> _Material shown_:
+++

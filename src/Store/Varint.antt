-- ===== src/Store/Varint.antt =====
-- The unsigned varints of encoding/binary, as internal/store/writer.go (`appendUvarint`) and
-- internal/store/reader.go use them.
use native.Mathlib.Nat.{div-add-mod}
use native.Mathlib.Numerals.{towards_suc}
use r_dns_crawler.Base.{
  ℕ, zero, suc, ◌+◌, ◌*◌, ◌/◌, ◌%◌, ◌^◌, ◌<◌, ◌≡◌, refl, ap, ◌&&◌, [], ◌∷◌, ◌++◌, Option, some,
  none, Bytes, ltb, ◌==◌, if◌then◌else◌, length, arith,
}

-- `binary.PutUvarint` into a buffer with room for so many bytes; `byte(x) | 0x80` is the low seven
-- bits with the top bit set.
unfoldable pub put_uvarint : ℕ → ℕ → Bytes
put_uvarint zero v = []
put_uvarint (suc room) v =
    let rest = put_uvarint room (v / 128) in if ltb v 128 then v ∷ [] else (v % 128 + 128) ∷ rest

-- `appendUvarint`: the buffer is [binary.MaxVarintLen64]byte.
unfoldable pub append_uvarint : Bytes → ℕ → Bytes
unfolding put_uvarint
append_uvarint b v = b ++ put_uvarint 10 v

-- The loop of `binary.Uvarint`: `none` stands for n <= 0, and otherwise the rest is what follows
-- the first n bytes. `x | b<<s` is a sum, since `x` is below 2 ^ s.
unfoldable pub uvarint_loop : Bytes → ℕ → ℕ → ℕ → Option (ℕ × Bytes)
uvarint_loop [] i x s = none
uvarint_loop (b ∷ bs) i x s =
    let more = uvarint_loop bs (i + 1) (x + b % 128 * 2 ^ s % 2 ^ 64) (s + 7) in
    if i == 10
    then none
    else if ltb b 128
    then (if i == 9 && ltb 1 b then none else some (x + b * 2 ^ s % 2 ^ 64, bs))
    else more

unfoldable pub uvarint : Bytes → Option (ℕ × Bytes)
unfolding uvarint_loop
uvarint buf = uvarint_loop buf 0 0 0

uvarint_sample :
    uvarint (append_uvarint [] 0xffff_ffff_ffff_ffff ++ (7 ∷ []))
    ≡ some (0xffff_ffff_ffff_ffff, 7 ∷ [])
unfolding uvarint append_uvarint
uvarint_sample = refl

split_group : (v s : ℕ) → v * 2 ^ s ≡ v % 128 * 2 ^ s + v / 128 * 2 ^ (s + 7)
split_group v s =
    omega
      (arith, ap (λ (t : ℕ). t * 2 ^ s) (div-add-mod v 128), ap (λ (t : ℕ). v / 128 * t) shifted)
  where
    shifted : 2 ^ (s + 7) ≡ 128 * 2 ^ s
    shifted = simp towards_suc (omega arith)

uvarint_loop-put_uvarint :
    (room i v x s : ℕ) (rest : Bytes)
    → room + i ≡ 9
    → s ≡ 7 * i
    → v < 128 ^ suc room
    → x + v * 2 ^ s < 2 ^ 64
    → uvarint_loop (put_uvarint (suc room) v ++ rest) i x s ≡ some (x + v * 2 ^ s, rest)
unfolding put_uvarint uvarint_loop
uvarint_loop-put_uvarint zero i v x s rest hi hs hv fits = ground arith
uvarint_loop-put_uvarint (suc room) i v x s rest hi hs hv fits = ground (
  arith,
  split_group v s,
  uvarint_loop-put_uvarint room (i + 1) (v / 128) (x + v % 128 * 2 ^ s) (s + 7) rest,
)

-- A uint64 is read back, and what follows it is left.
pub uvarint-append_uvarint :
    (v : ℕ) (rest : Bytes) → v < 2 ^ 64 → uvarint (append_uvarint [] v ++ rest) ≡ some (v, rest)
unfolding uvarint append_uvarint
uvarint-append_uvarint v rest h = ground (arith, uvarint_loop-put_uvarint 9 0 v 0 0 rest)

uvarint_loop_takes :
    (b : Bytes) (i x s v : ℕ) (rest : Bytes)
    → uvarint_loop b i x s ≡ some (v, rest)
    → length rest < length b
unfolding uvarint_loop
uvarint_loop_takes [] i x s v rest e = cc
uvarint_loop_takes (c ∷ b) i x s v rest e =
    ground (arith, uvarint_loop_takes b (i + 1) (x + c % 128 * 2 ^ s % 2 ^ 64) (s + 7) v rest)

-- A number takes a byte at least.
pub uvarint_takes :
    (b : Bytes) (v : ℕ) (rest : Bytes) → uvarint b ≡ some (v, rest) → length rest < length b
unfolding uvarint
uvarint_takes b v rest e = uvarint_loop_takes b 0 0 0 v rest e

+++

> _Assigned task_: Look above for the line holding "-- The unsigned". Print it and every line after it, exactly, through the line holding "put_uvarint zero v = []".

> _Problem solution_:
-- The unsigned varints of encoding/binary, as internal/store/writer.go (`appendUvarint`) and
-- internal/store/reader.go use them.
use native.Mathlib.Nat.{div-add-mod}
use native.Mathlib.Numerals.{towards_suc}
use r_dns_crawler.Base.{
  ℕ, zero, suc, ◌+◌, ◌*◌, ◌/◌, ◌%◌, ◌^◌, ◌<◌, ◌≡◌, refl, ap, ◌&&◌, [], ◌∷◌, ◌++◌, Option, some,
  none, Bytes, ltb, ◌==◌, if◌then◌else◌, length, arith,
}

-- `binary.PutUvarint` into a buffer with room for so many bytes; `byte(x) | 0x80` is the low seven
-- bits with the top bit set.
unfoldable pub put_uvarint : ℕ → ℕ → Bytes
put_uvarint zero v = []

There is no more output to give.